Nearly every day, some security vendor reaches out to me describing how its products and services could have prevented the Edward Snowden public-disclosure of NSA surveillance programs. These vendors talk about strong authentication, privileged account auditing, sensitive data controls, etc.
Yup, old Ed stirred the security pot in the vendor community but security professionals are also paying attention. In working with Vormetric on its 2014 Insider Threat Report, ESG research discovered that 45% of enterprise security professionals say that the Edward Snowden incident (i.e., his public disclosure about the NSA and its PRISM program) changed their organizations’ perspective on insider threats.
So everyone is focused on sensitive data discovery, classification, security, and monitoring. From a security perspective, that’s a very good thing, but it seems to me that some other important Snowdenesque issues have been virtually ignored. Yes, sensitive data security is critical, but CISOs need a perspective on privacy, culture, and business in addition to strong authentication, encryption, and logging.
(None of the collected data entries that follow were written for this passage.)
-- ===== src/Threads/Queues.antt =====
-- Two queues in one store of links: what is done with one leaves the other.
use oscs25_labs.Base.{
  ℕ, ◌≡◌, ◌≢◌, refl, ◌∙◌, true, false, List, [], ◌∷◌, ◌++◌, none, mem, Disjoint, arith, ◌==◌,
  ==_iff, mem-append, remove, mem_of_mem-remove,
}
use oscs25_labs.Template.Links.{Links, node_init}
use oscs25_labs.Template.Links.Seg.{Seg-frame}
use oscs25_labs.Template.Queue.{Queue}
use oscs25_labs.Template.Queue.Refine.{IsQueue, Unlinked, SameOutside}

pub IsQueue-frame :
    {s t : Links} {que : Queue} (xs ys : List ℕ)
    → SameOutside xs s t
    → Disjoint ys xs
    → IsQueue s que ys
    → IsQueue t que ys
IsQueue-frame xs ys same apart q = record {
  chain = Seg-frame none none ys (λ a m. same a (apart a m)) q.chain;
  distinct = q.distinct;
  front = q.front;
  back = q.back;
  size = q.size;
  small = q.small;
}

pub Unlinked-frame :
    {s t : Links} (xs : List ℕ) (a : ℕ)
    → SameOutside xs s t
    → mem a xs ≡ false
    → Unlinked a s
    → Unlinked a t
Unlinked-frame xs a same out u = let h = same a out in (h.prev ∙ u.0, h.next ∙ u.1)

pub node_init-SameOutside : (a : ℕ) (s : Links) → SameOutside (a ∷ []) s (node_init a s)
unfolding node_init
node_init-SameOutside a s b out =
    let ne : (b == a) ≡ false = ground arith in record { prev = rw ne refl; next = rw ne refl }

pub node_init-Unlinked : (a : ℕ) (s : Links) → Unlinked a (node_init a s)
unfolding node_init
node_init-Unlinked a s =
    let same : (a == a) ≡ true = (==_iff a a).1 refl in (rw same refl, rw same refl)

pub Disjoint-snoc :
    (xs ys : List ℕ) (c : ℕ) → Disjoint xs ys → mem c ys ≡ false → Disjoint (xs ++ c ∷ []) ys
Disjoint-snoc xs ys c apart out a m = ground (arith, mem-append a xs (c ∷ []), apart a, ==_iff a c)

pub Disjoint-tail : (x : ℕ) (xs ys : List ℕ) → Disjoint (x ∷ xs) ys → Disjoint xs ys
Disjoint-tail x xs ys apart a m = apart a (ground arith)

pub Disjoint-remove : (x : ℕ) (xs ys : List ℕ) → Disjoint xs ys → Disjoint (remove x xs) ys
Disjoint-remove x xs ys apart a m = apart a (mem_of_mem-remove x a xs m)

pub not-mem-snoc : (a c : ℕ) (xs : List ℕ) → mem a xs ≡ false → a ≢ c → mem a (xs ++ c ∷ []) ≡ false
not-mem-snoc a c xs out ne = ground (arith, mem-append a xs (c ∷ []), ==_iff a c)

-- A member of a longer list that is not the last one was there.
pub mem_of_mem-snoc :
    (u t : ℕ) (xs : List ℕ) → (u == t) ≡ false → mem u (xs ++ t ∷ []) ≡ true → mem u xs ≡ true
mem_of_mem-snoc u t xs other m = ground (arith, mem-append u xs (t ∷ []))
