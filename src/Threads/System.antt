-- ===== src/Threads/System.antt =====
-- The invariant of the queues: the threads that wait to run, the dead ones, and the one that runs.
use oscs25_labs.Base.{
  ℕ, suc, ◌<◌, ◌^◌, ◌≡◌, refl, ap, false, List, [], ◌∷◌, ◌++◌, mem, Disjoint, Disjoint-sym, length,
  not-mem-append, cons-not-mem,
}
use native.Mathlib.Decide.{ℕ_discrete}
use oscs25_labs.Template.Links.{Ptr}
use oscs25_labs.Template.Queue.{queue_pop}
use oscs25_labs.Template.Queue.Refine.{
  IsQueue, Unlinked, queue_push-IsQueue, queue_pop-IsQueue, queue_pop-empty,
}
use oscs25_labs.Threads.Queues.{IsQueue-frame, Unlinked-frame, Disjoint-snoc, Disjoint-tail}
use oscs25_labs.Threads.Defs.{System, push_run, push_dead, choose, switch_thread}

-- `xs` wait to run and `ds` are dead, each in the order of the queue, and no thread is in both; the
-- nodes of all other threads have no links.
pub record IsSystem (s : System) (xs ds : List ℕ) : Type 0 where
  pub run : IsQueue s.node s.run_queue xs
  pub dead : IsQueue s.node s.dead_queue ds
  pub apart : Disjoint xs ds
  pub rest : (a : ℕ) → mem a xs ≡ false → mem a ds ≡ false → Unlinked a s.node

-- The running thread is in no queue.
pub record IsRunning (s : System) (xs ds : List ℕ) : Type 0 where
  pub system : IsSystem s xs ds
  pub out_run : mem s.current xs ≡ false
  pub out_dead : mem s.current ds ≡ false

-- A thread that is in no queue goes to the end of the run queue.
pub push_run-IsSystem :
    (s : System) (xs ds : List ℕ) (t : ℕ)
    → IsSystem s xs ds
    → mem t xs ≡ false
    → mem t ds ≡ false
    → suc (length xs) < 2 ^ 32
    → IsSystem (push_run t s) (xs ++ t ∷ []) ds
unfolding push_run
push_run-IsSystem s xs ds t i out_run out_dead room =
    let (run', same) =
      queue_push-IsQueue s.node s.run_queue xs t i.run out_run (i.rest t out_run out_dead) room in
    let apart' = Disjoint-snoc xs ds t i.apart out_dead in
    record {
      run = run';
      dead = IsQueue-frame (xs ++ t ∷ []) ds same (Disjoint-sym (xs ++ t ∷ []) ds apart') i.dead;
      apart = apart';
      rest = λ a out out'.
          let (out_xs, out_t) = not-mem-append a xs (t ∷ []) out in
          Unlinked-frame (xs ++ t ∷ []) a same out (i.rest a out_xs out');
    }

pub push_dead-IsSystem :
    (s : System) (xs ds : List ℕ) (t : ℕ)
    → IsSystem s xs ds
    → mem t xs ≡ false
    → mem t ds ≡ false
    → suc (length ds) < 2 ^ 32
    → IsSystem (push_dead t s) xs (ds ++ t ∷ [])
unfolding push_dead
push_dead-IsSystem s xs ds t i out_run out_dead room =
    let (dead', same) =
      queue_push-IsQueue s.node s.dead_queue ds t i.dead out_dead (i.rest t out_run out_dead)
        room in
    let apart' = Disjoint-snoc ds xs t (Disjoint-sym xs ds i.apart) out_run in
    let apart'' = Disjoint-sym (ds ++ t ∷ []) xs apart' in
    record {
      run = IsQueue-frame (ds ++ t ∷ []) xs same apart'' i.run;
      dead = dead';
      apart = apart'';
      rest = λ a out out'.
          let (out_ds, out_t) = not-mem-append a ds (t ∷ []) out' in
          Unlinked-frame (ds ++ t ∷ []) a same out' (i.rest a out out_ds);
    }

-- The thread that `schedule` takes: the first that waits, or the idle thread.
abbrev pub next_of : System → List ℕ → ℕ
next_of s [] = s.idle_thread
next_of s (x ∷ xs) = x

abbrev pub rest_of : List ℕ → List ℕ
rest_of [] = []
rest_of (x ∷ xs) = xs

-- The switch takes the first thread off the run queue.
pub take_next :
    (s : System) (xs ds : List ℕ)
    → IsSystem s xs ds
    → let (head, run', node') = queue_pop s.run_queue s.node in
      (choose head s ≡ next_of s xs)
      × IsSystem
          (switch_thread (choose head s) (record s { run_queue = run'; node = node' }))
          (rest_of xs)
          ds
unfolding choose switch_thread
take_next s [] ds i =
    let e = queue_pop-empty s.node s.run_queue i.run in
    rw e (refl, record { run = i.run; dead = i.dead; apart = i.apart; rest = i.rest })
take_next s (x ∷ xs) ds i =
    let (e, run', clear, same) = queue_pop-IsQueue s.node s.run_queue x xs i.run in
    (
      ap (λ (p : Ptr). choose p s) e,
      record {
        run = run';
        dead = IsQueue-frame (x ∷ xs) ds same (Disjoint-sym (x ∷ xs) ds i.apart) i.dead;
        apart = Disjoint-tail x xs ds i.apart;
        rest = λ a out out'. elim (ℕ_discrete a x) [
          | yes eq ↦ rw eq clear
          | no ne ↦
              let out_all = cons-not-mem a x xs ne out in
              Unlinked-frame (x ∷ xs) a same out_all (i.rest a out_all out')
        ];
      },
    )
In my humble opinion, CISOs should think through the whole Snowden affair and ask themselves and their organizations the following questions:
- Does your organization have any business processes that could be perceived as an invasion of privacy? Clearly, Mr. Snowden believed that the NSA was doing so; to the point that he was willing to publicly disclose the practice in spite of great personal risk. If your organization is keeping close tabs on employees, monitoring employee Facebook accounts, conducting background checks, or selling customer data to third parties, you may want to assess whether these business processes may be seen as offensive by some or a large number of your employees. If so, you are likely at risk for a Snowden-like event.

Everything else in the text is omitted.